Return every line from the records below with the string "diffs".

** Opening Provided material block **

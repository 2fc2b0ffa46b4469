-- ===== src/Slot.antt =====
-- Hash slots of keys, crates/ratatosk-engine/src/slot.rs. A `u16` is a number below 2^16; an entry of
-- the CRC's table is computed where it is read.
use ratatosk.Prelude.{
  ℕ, zero, suc, ◌+◌, ◌*◌, ◌/◌, ◌%◌, ◌^◌, Bool, true, false, Option, none, some, List, [], ◌∷◌, drop,
  take, if◌then◌else◌, ◌==◌, leb,
}
use Prim.Native.Nat.{bit_xor}
use ratatosk.Prelude.Words.{Bytes}
mod Tests
pub mod Tag

abbrev pub slot_count : ℕ
slot_count = 16384

-- One shift of the table's inner loop, with the polynomial 0x1021; the bit that is shifted out is lost.
abbrev pub shift_once : ℕ → ℕ
shift_once crc =
    let shifted = crc * 2 % 2 ^ 16 in if leb (2 ^ 15) crc then bit_xor shifted 4129 else shifted

abbrev pub shift_times : ℕ → ℕ → ℕ
shift_times zero crc = crc
shift_times (suc n) crc = shift_times n (shift_once crc)

unfoldable pub crc16_tab : ℕ → ℕ
crc16_tab i = shift_times 8 (i * 256)

unfoldable pub crc16_from : ℕ → Bytes → ℕ
unfolding crc16_tab
crc16_from crc [] = crc
crc16_from crc (byte ∷ bytes) =
    crc16_from (bit_xor (crc * 256 % 2 ^ 16) (crc16_tab (bit_xor (crc / 256) byte))) bytes

unfoldable pub crc16 : Bytes → ℕ
unfolding crc16_from
crc16 bytes = crc16_from 0 bytes

abbrev pub moved_on : Option ℕ → Option ℕ
moved_on none = none
moved_on (some i) = some (suc i)

-- `iter().position(|&b| b == byte)`
unfoldable pub position : ℕ → Bytes → Option ℕ
position byte [] = none
position byte (b ∷ bytes) =
    let rest = moved_on (position byte bytes) in if b == byte then some 0 else rest

abbrev pub tag_until : Bytes → ℕ → Option ℕ → Bytes
tag_until key start none = key
tag_until key start (some zero) = key
tag_until key start (some (suc n)) = take (suc n) (drop (start + 1) key)

abbrev pub tag_from : Bytes → Option ℕ → Bytes
tag_from key none = key
tag_from key (some start) = tag_until key start (position b'}' (drop (start + 1) key))

unfoldable pub extract_hash_tag : Bytes → Bytes
unfolding position
extract_hash_tag key = tag_from key (position b'{' key)

unfoldable pub key_hash_slot : Bytes → ℕ
unfolding crc16 extract_hash_tag
key_hash_slot key = crc16 (extract_hash_tag key) % slot_count
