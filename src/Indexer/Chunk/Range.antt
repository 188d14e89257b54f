-- ===== src/Indexer/Chunk/Range.antt =====
-- The ids of a record's documents: a range that no other record's documents are in.
use any.Common.{
  ℕ, ◌<◌, Bool, true, not, ◌&&◌, [], ◌∷◌, ◌++◌, append-nil, Bytes, length, take, ◌==◌,
  if◌then◌else◌, if_cases, ◌≡◌, ◌↔◌, refl, sym, ap, ap₂, arith, Bool-cases, inl, inr, All, none,
  some,
}
use any.Strings.{bytes_lt, index, has_prefix}
use any.Indexer.Chunk.{chunk_sep, record_range_end, itoa, chunk_doc_id, record_base, record_upper}

-- The bytes of a record's id sort behind those that end its range.
abbrev pub IsBase : Bytes → Type 0
IsBase = All (λ c. record_range_end < c)

abbrev pub in_range : Bytes → Bytes → Bool
in_range base id = not (bytes_lt id base) && bytes_lt id (record_upper base)

abbrev suffix : ℕ → Bytes
suffix n = if n == 0 then [] else chunk_sep ∷ itoa n

chunk_doc_id-suffix : (base : Bytes) (n : ℕ) → chunk_doc_id base n ≡ base ++ suffix n
unfolding chunk_doc_id
chunk_doc_id-suffix base n = elim (Bool-cases (n == 0)) [
  | inl e ↦ rw e (sym (append-nil base))
  | inr e ↦ rw e refl
]

-- a suffix begins below the end of the range
in_own_range : (base : Bytes) (n : ℕ) → in_range base (base ++ suffix n) ≡ true
unfolding bytes_lt
in_own_range [] n = elim (Bool-cases (n == 0)) [ inl e ↦ rw e refl | inr e ↦ rw e refl ]
in_own_range (b ∷ base) n = ground (arith, in_own_range base n)

same_of_range :
    (base other : Bytes) (n : ℕ)
    → IsBase base
    → IsBase other
    → in_range base (other ++ suffix n) ≡ true
    → other ≡ base
unfolding bytes_lt
same_of_range [] [] n hb ho h = refl
same_of_range [] (c ∷ other) n hb (hc, ho) h = absurd (ground (arith, hc))
same_of_range (b ∷ base) [] n (hb, hs) ho h = elim (Bool-cases (n == 0)) [
  | inl e ↦ absurd (ground (arith, e, h, hb))
  | inr e ↦ absurd (ground (arith, e, h, hb))
]
same_of_range (b ∷ base) (c ∷ other) n (hb, hs) (hc, ho) h = elim (Bool-cases (c == b)) [
  | inl e ↦
      let rest = same_of_range base other n hs ho (ground arith) in
      let first : c ≡ b = ground arith in ap₂ ◌∷◌ first rest
  | inr e ↦ absurd (ground arith)
]

index_of_sep :
    (base rest : Bytes)
    → IsBase base
    → index (base ++ chunk_sep ∷ rest) (chunk_sep ∷ []) ≡ some (length base)
unfolding index has_prefix
index_of_sep [] rest h = ground arith
index_of_sep (c ∷ base) rest (hc, h) = ground (arith, index_of_sep base rest h)

no_index : (base : Bytes) → IsBase base → index base (chunk_sep ∷ []) ≡ none
unfolding index has_prefix
no_index [] h = refl
no_index (c ∷ base) (hc, h) = ground (arith, no_index base h)

take-length : (s t : Bytes) → take (length s) (s ++ t) ≡ s
take-length [] t = refl
take-length (c ∷ s) t = ap (λ (r : Bytes). c ∷ r) (take-length s t)

record_base-chunk_doc_id :
    (base : Bytes) (n : ℕ) → IsBase base → record_base (chunk_doc_id base n) ≡ base
unfolding record_base
record_base-chunk_doc_id base n h = rw (chunk_doc_id-suffix base n) (
    if_cases
      (λ (s : Bytes).
        (elim (index (base ++ s) (chunk_sep ∷ [])) [
          | none ↦ base ++ s
          | some i ↦ take i (base ++ s)
        ])
        ≡ base)
      (n == 0) _ _ (λ e. rw (append-nil base, no_index base h) (append-nil base))
      (λ e. rw (index_of_sep base (itoa n) h) (take-length base (chunk_sep ∷ itoa n))))

-- For record ids of bytes above the space: the document of a chunk is in the range of a record just if
-- the chunk is of this record, and recordBase gives its record back.
pub chunk_doc_id-in_range :
    (base other : Bytes) (n : ℕ)
    → IsBase base
    → IsBase other
    → ((in_range base (chunk_doc_id other n) ≡ true) ↔ (other ≡ base))
      × (record_base (chunk_doc_id other n) ≡ other)
chunk_doc_id-in_range base other n hb ho = (
  rw (chunk_doc_id-suffix other n)
      (same_of_range base other n hb ho, λ e. rw e (in_own_range base n)),
  record_base-chunk_doc_id other n ho,
)
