-- ===== src/Indexer/Tests.antt =====
-- Runs of the splitting of long records, and the theorems at concrete records.
use any.Common.{ℕ, true, List, [], ◌∷◌, Bytes, codes, ◌≡◌, ◌↔◌, refl, arith}
use any.Strings.{trim_right}
use any.Indexer.Chunk.{
  Entry, best, break_point, trim_left, trim_space, split_text, split_loop, expand_entry,
  chunk_doc_id, record_base,
}
use any.Indexer.Chunk.Pieces.{IsSplit, split_text-IsSplit}
use any.Indexer.Chunk.Entries.{AreChunks, expand_entry-AreChunks}
use any.Indexer.Chunk.Range.{IsBase, in_range, chunk_doc_id-in_range}

abbrev long_text : List ℕ
long_text = codes "One is. Two, three and four"

split_long_text :
    split_text long_text 12 ≡ codes "One is." ∷ codes "Two, three" ∷ codes "and four" ∷ []
unfolding split_text split_loop break_point best trim_left trim_space trim_right
split_long_text = refl

split_text-IsSplit_example : IsSplit 12 long_text (split_text long_text 12)
split_text-IsSplit_example = split_text-IsSplit long_text 12

abbrev long_entry : Entry Bytes
long_entry = record {
  scope = codes "s";
  object_id = codes "obj";
  dataset = codes "mail";
  record_id = codes "r1";
  text = long_text;
  title = codes "Numbers";
  apply_seq = 7;
  links = [];
}

expand_entry-AreChunks_example : AreChunks long_entry 12 0 (expand_entry long_entry 12)
expand_entry-AreChunks_example = expand_entry-AreChunks long_entry 12 (omega arith)

abbrev base_id : Bytes
base_id = codes "o:d:r1"

base_id-IsBase : IsBase base_id
base_id-IsBase =
    (omega arith, (omega arith, (omega arith, (omega arith, (omega arith, (omega arith, tt))))))

abbrev longer_id : Bytes
longer_id = codes "o:d:r"

longer_id-IsBase : IsBase longer_id
longer_id-IsBase = (omega arith, (omega arith, (omega arith, (omega arith, (omega arith, tt)))))

chunk_doc_id-in_range_example :
    ((in_range longer_id (chunk_doc_id base_id 3) ≡ true) ↔ (base_id ≡ longer_id))
    × (record_base (chunk_doc_id base_id 3) ≡ base_id)
chunk_doc_id-in_range_example =
    chunk_doc_id-in_range longer_id base_id 3 longer_id-IsBase base_id-IsBase
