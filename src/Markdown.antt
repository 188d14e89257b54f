-- ===== src/Markdown.antt =====
-- internal/markdown: documents as sequences of blocks.
pub mod Lines
pub mod Split
pub mod Edits
pub mod Diff
mod Tests
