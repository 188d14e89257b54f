-- ===== src/Markdown/Diff.antt =====
-- internal/markdown/diff.go: the plan that turns the blocks of a document into new ones. The hash of a
-- block, the character diff of two blocks and the floats are parameters. The proofs are in the modules
-- below.
mod Tests
pub mod Lcs
pub mod Links
pub mod Accepted
pub mod Candidates
pub mod Gap
pub mod Plans
use any.Common.{
  ℕ, zero, suc, ◌+◌, ◌-◌, Bool, true, false, not, ◌&&◌, ◌||◌, List, [], ◌∷◌, ◌++◌, Option, none,
  some, Bytes, length, get_elem?, set, replicate, ◌==◌, ltb, leb, if◌then◌else◌,
}
use any.Strings.{eq_bytes, is_empty}

-- the struct NewOp with its OpKind; OldIdx is -1 at an insert
pub data NewOp : Type 0 where
  keep : ℕ → NewOp
  update : ℕ → NewOp
  insert : NewOp

-- the struct DiffResult
pub record DiffResult : Type 0 where
  pub new_seq : List NewOp
  pub deletes : List ℕ

-- the two slices that the passes write
pub record Plan : Type 0 where
  pub new_seq : List NewOp
  pub old_used : List Bool

-- What the code takes from diffmatchpatch and from float64: the pieces of DiffMain, each with whether
-- it is equal, and the scores.
pub record Scoring : Type 1 where
  pub Score : Type 0
  pub lt : Score → Score → Bool
  pub nothing : Score
  pub identical : Score
  -- 2.0 * float64(equal) / float64(total)
  pub ratio : ℕ → ℕ → Score
  pub diff_main : Bytes → Bytes → List (Bool × Bytes)

-- The longest common subsequence, on a test of the elements at two positions.
module _ (same : ℕ → ℕ → Bool) where
  -- dp[i][j]
  unfoldable pub cell : ℕ → ℕ → ℕ
  cell zero j = 0
  cell (suc i) zero = 0
  cell (suc i) (suc j) =
      let diagonal = cell i j + 1 in
      let above = cell i (suc j) in
      let left = cell (suc i) j in
      if same i j then diagonal else if leb left above then above else left

  -- the second loop, which gives the anchors from the last on
  unfoldable pub backtrack : ℕ → ℕ → List (ℕ × ℕ)
  backtrack zero j = []
  backtrack (suc i) zero = []
  backtrack (suc i) (suc j) =
      let diagonal = (i, j) ∷ backtrack i j in
      let above = backtrack i (suc j) in
      let left = backtrack (suc i) j in
      if same i j then diagonal else if leb (cell (suc i) j) (cell i (suc j)) then above else left

-- the loop that reverses, on what is reversed already
unfoldable pub reverse_onto : List (ℕ × ℕ) → List (ℕ × ℕ) → List (ℕ × ℕ)
reverse_onto [] out = out
reverse_onto (a ∷ anchors) out = reverse_onto anchors (a ∷ out)

abbrev same_elem : Option ℕ → Option ℕ → Bool
same_elem (some x) (some y) = x == y
same_elem _ _ = false

-- a[i] == b[j]
abbrev pub same_at : List ℕ → List ℕ → ℕ → ℕ → Bool
same_at a b i j = same_elem (get_elem? a i) (get_elem? b j)

unfoldable pub lcs_by_hash : List ℕ → List ℕ → List (ℕ × ℕ)
lcs_by_hash a b = reverse_onto (backtrack (same_at a b) (length a) (length b)) []

unfoldable pub hash_all : (Bytes → ℕ) → List Bytes → List ℕ
hash_all hash [] = []
hash_all hash (b ∷ blocks) = hash b ∷ hash_all hash blocks

-- newSeq[n] = op; oldUsed[o] = true
unfoldable pub link : NewOp → ℕ → ℕ → Plan → Plan
link op o n p = record { new_seq = set p.new_seq n op; old_used = set p.old_used o true }

-- oldUsed[o]
abbrev pub is_used : List Bool → ℕ → Bool
is_used used o = elim (get_elem? used o) [ none ↦ false | some b ↦ b ]

abbrev is_insert_op : NewOp → Bool
is_insert_op insert = true
is_insert_op _ = false

-- newSeq[n].Kind == OpInsert
abbrev pub is_insert : List NewOp → ℕ → Bool
is_insert ops n = elim (get_elem? ops n) [ none ↦ false | some op ↦ is_insert_op op ]

abbrev differ : Bool → Bool → Bool
differ true b = not b
differ false b = b

-- a pair crosses an accepted one
unfoldable pub conflicts : ℕ → ℕ → List (ℕ × ℕ) → Bool
conflicts o n [] = false
conflicts o n ((o', n') ∷ accepted) =
    if differ (ltb o o') (ltb n n') then true else conflicts o n accepted

-- usedOld and usedNew: the indices of the accepted pairs
unfoldable pub takes_old : ℕ → List (ℕ × ℕ) → Bool
takes_old o [] = false
takes_old o ((o', n') ∷ accepted) = if o' == o then true else takes_old o accepted

unfoldable pub takes_new : ℕ → List (ℕ × ℕ) → Bool
takes_new n [] = false
takes_new n ((o', n') ∷ accepted) = if n' == n then true else takes_new n accepted

-- the loop over the scored pairs
unfoldable pub greedy : List (ℕ × ℕ) → List (ℕ × ℕ) → Plan → List (ℕ × ℕ) × Plan
greedy [] accepted p = (accepted, p)
greedy ((o, n) ∷ pairs) accepted p =
    let skipped = greedy pairs accepted p in
    let taken = greedy pairs ((o, n) ∷ accepted) (link (update o) o n p) in
    if takes_old o accepted || takes_new n accepted
    then skipped
    else if conflicts o n accepted
    then skipped
    else taken

-- lo, …, lo + count - 1
unfoldable pub range_from : ℕ → ℕ → List ℕ
range_from lo zero = []
range_from lo (suc count) = lo ∷ range_from (suc lo) count

unfoldable pub leftover_old : List Bool → List ℕ → List ℕ
leftover_old used [] = []
leftover_old used (o ∷ os) =
    let rest = leftover_old used os in if not (is_used used o) then o ∷ rest else rest

unfoldable pub leftover_new : List NewOp → List ℕ → List ℕ
leftover_new ops [] = []
leftover_new ops (n ∷ ns) =
    let rest = leftover_new ops ns in if is_insert ops n then n ∷ rest else rest

-- oldUsed[o] is false
unfoldable pub unused_from : ℕ → List Bool → List ℕ
unused_from o [] = []
unused_from o (used ∷ rest) =
    let later = unused_from (suc o) rest in if not used then o ∷ later else later

module _ (old new : List Bytes) where
  -- both blocks hold text
  abbrev pub both_filled : Option Bytes → Option Bytes → Bool
  both_filled (some a) (some b) = not (is_empty a) && not (is_empty b)
  both_filled _ _ = false

  -- the loop over what is left over, position by position
  unfoldable pub pair_leftovers : List ℕ → List ℕ → List (ℕ × ℕ) → Plan → Plan
  pair_leftovers [] ns accepted p = p
  pair_leftovers (o ∷ os) [] accepted p = p
  pair_leftovers (o ∷ os) (n ∷ ns) accepted p =
      let skipped = pair_leftovers os ns accepted p in
      let taken = pair_leftovers os ns ((o, n) ∷ accepted) (link (update o) o n p) in
      if both_filled (get_elem? old o) (get_elem? new n)
      then skipped
      else if conflicts o n accepted
      then skipped
      else taken

unfoldable pub equal_mass : List (Bool × Bytes) → ℕ
equal_mass [] = 0
equal_mass ((equal, text) ∷ diffs) =
    let rest = equal_mass diffs in if equal then length text + rest else rest

module _ (scoring : Scoring) where
  open scoring use {Score, lt, nothing, identical, ratio, diff_main}

  unfoldable pub similarity : Bytes → Bytes → Score
  similarity a b =
      if eq_bytes a b
      then identical
      else if is_empty a || is_empty b
      then nothing
      else ratio (equal_mass (diff_main a b)) (length a + length b)

  similarity_at : Option Bytes → Option Bytes → Score
  similarity_at (some a) (some b) = similarity a b
  similarity_at _ _ = nothing

  -- the inner loop over `n`, and the outer one over `o`
  scored_row : List Bytes → List Bytes → Score → ℕ → List ℕ → List ((ℕ × ℕ) × Score)
  scored_row old new threshold o [] = []
  scored_row old new threshold o (n ∷ ns) =
      let rest = scored_row old new threshold o ns in
      let s = similarity_at (get_elem? old o) (get_elem? new n) in
      if lt s threshold then rest else ((o, n), s) ∷ rest

  scored_pairs : List Bytes → List Bytes → Score → List ℕ → List ℕ → List ((ℕ × ℕ) × Score)
  scored_pairs old new threshold [] ns = []
  scored_pairs old new threshold (o ∷ os) ns =
      scored_row old new threshold o ns ++ scored_pairs old new threshold os ns

  -- sortPairsDescending: a pair goes in front of the ones with a smaller score
  insert_pair : (ℕ × ℕ) × Score → List ((ℕ × ℕ) × Score) → List ((ℕ × ℕ) × Score)
  insert_pair p [] = p ∷ []
  insert_pair p (q ∷ qs) = if lt q.1 p.1 then p ∷ q ∷ qs else q ∷ insert_pair p qs

  sort_onto : List ((ℕ × ℕ) × Score) → List ((ℕ × ℕ) × Score) → List ((ℕ × ℕ) × Score)
  sort_onto [] sorted = sorted
  sort_onto (p ∷ ps) sorted = sort_onto ps (insert_pair p sorted)

  indices : List ((ℕ × ℕ) × Score) → List (ℕ × ℕ)
  indices [] = []
  indices ((i, s) ∷ ps) = i ∷ indices ps

  -- the pairs of a gap at or above the threshold, the best first
  unfoldable pub candidates : List Bytes → List Bytes → Score → List ℕ → List ℕ → List (ℕ × ℕ)
  unfolding scored_pairs scored_row similarity_at insert_pair sort_onto indices
  candidates old new threshold os ns = indices (sort_onto (scored_pairs old new threshold os ns) [])

  unfoldable pub fill_gap : List Bytes → List Bytes → Score → ℕ → ℕ → ℕ → ℕ → Plan → Plan
  fill_gap old new threshold old_lo old_hi new_lo new_hi p =
      let os = range_from old_lo (old_hi - old_lo) in
      let ns = range_from new_lo (new_hi - new_lo) in
      let (accepted, q) = greedy (candidates old new threshold os ns) [] p in
      let paired =
        pair_leftovers old new (leftover_old q.old_used os) (leftover_new q.new_seq ns) accepted
          q in
      if leb old_hi old_lo || leb new_hi new_lo then p else paired

  -- the gaps before each anchor, and the last one; `old_lo` is prevOld + 1
  unfoldable pub fill_gaps : List Bytes → List Bytes → Score → List (ℕ × ℕ) → ℕ → ℕ → Plan → Plan
  fill_gaps old new threshold [] old_lo new_lo p =
      fill_gap old new threshold old_lo (length old) new_lo (length new) p
  fill_gaps old new threshold ((o, n) ∷ anchors) old_lo new_lo p =
      fill_gaps old new threshold anchors (suc o) (suc n)
        (fill_gap old new threshold old_lo o new_lo n p)

-- the loop that keeps the anchors
unfoldable pub keep_anchors : List (ℕ × ℕ) → Plan → Plan
keep_anchors [] p = p
keep_anchors ((o, n) ∷ anchors) p = keep_anchors anchors (link (keep o) o n p)

abbrev pub no_plan : List Bytes → List Bytes → Plan
no_plan old new = record {
  new_seq = replicate (length new) insert;
  old_used = replicate (length old) false;
}

module _ (scoring : Scoring) (hash : Bytes → ℕ) where
  open scoring use {Score}

  unfoldable pub diff_with_threshold : List Bytes → List Bytes → Score → DiffResult
  diff_with_threshold old new threshold =
      let anchors = lcs_by_hash (hash_all hash old) (hash_all hash new) in
      let p =
        fill_gaps scoring old new threshold anchors 0 0 (keep_anchors anchors (no_plan old new)) in
      record { new_seq = p.new_seq; deletes = unused_from 0 p.old_used }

** Closing Provided material block **

*Reply:*
equal_mass ((equal, text) ∷ diffs) =
    let rest = equal_mass diffs in if equal then length text + rest else rest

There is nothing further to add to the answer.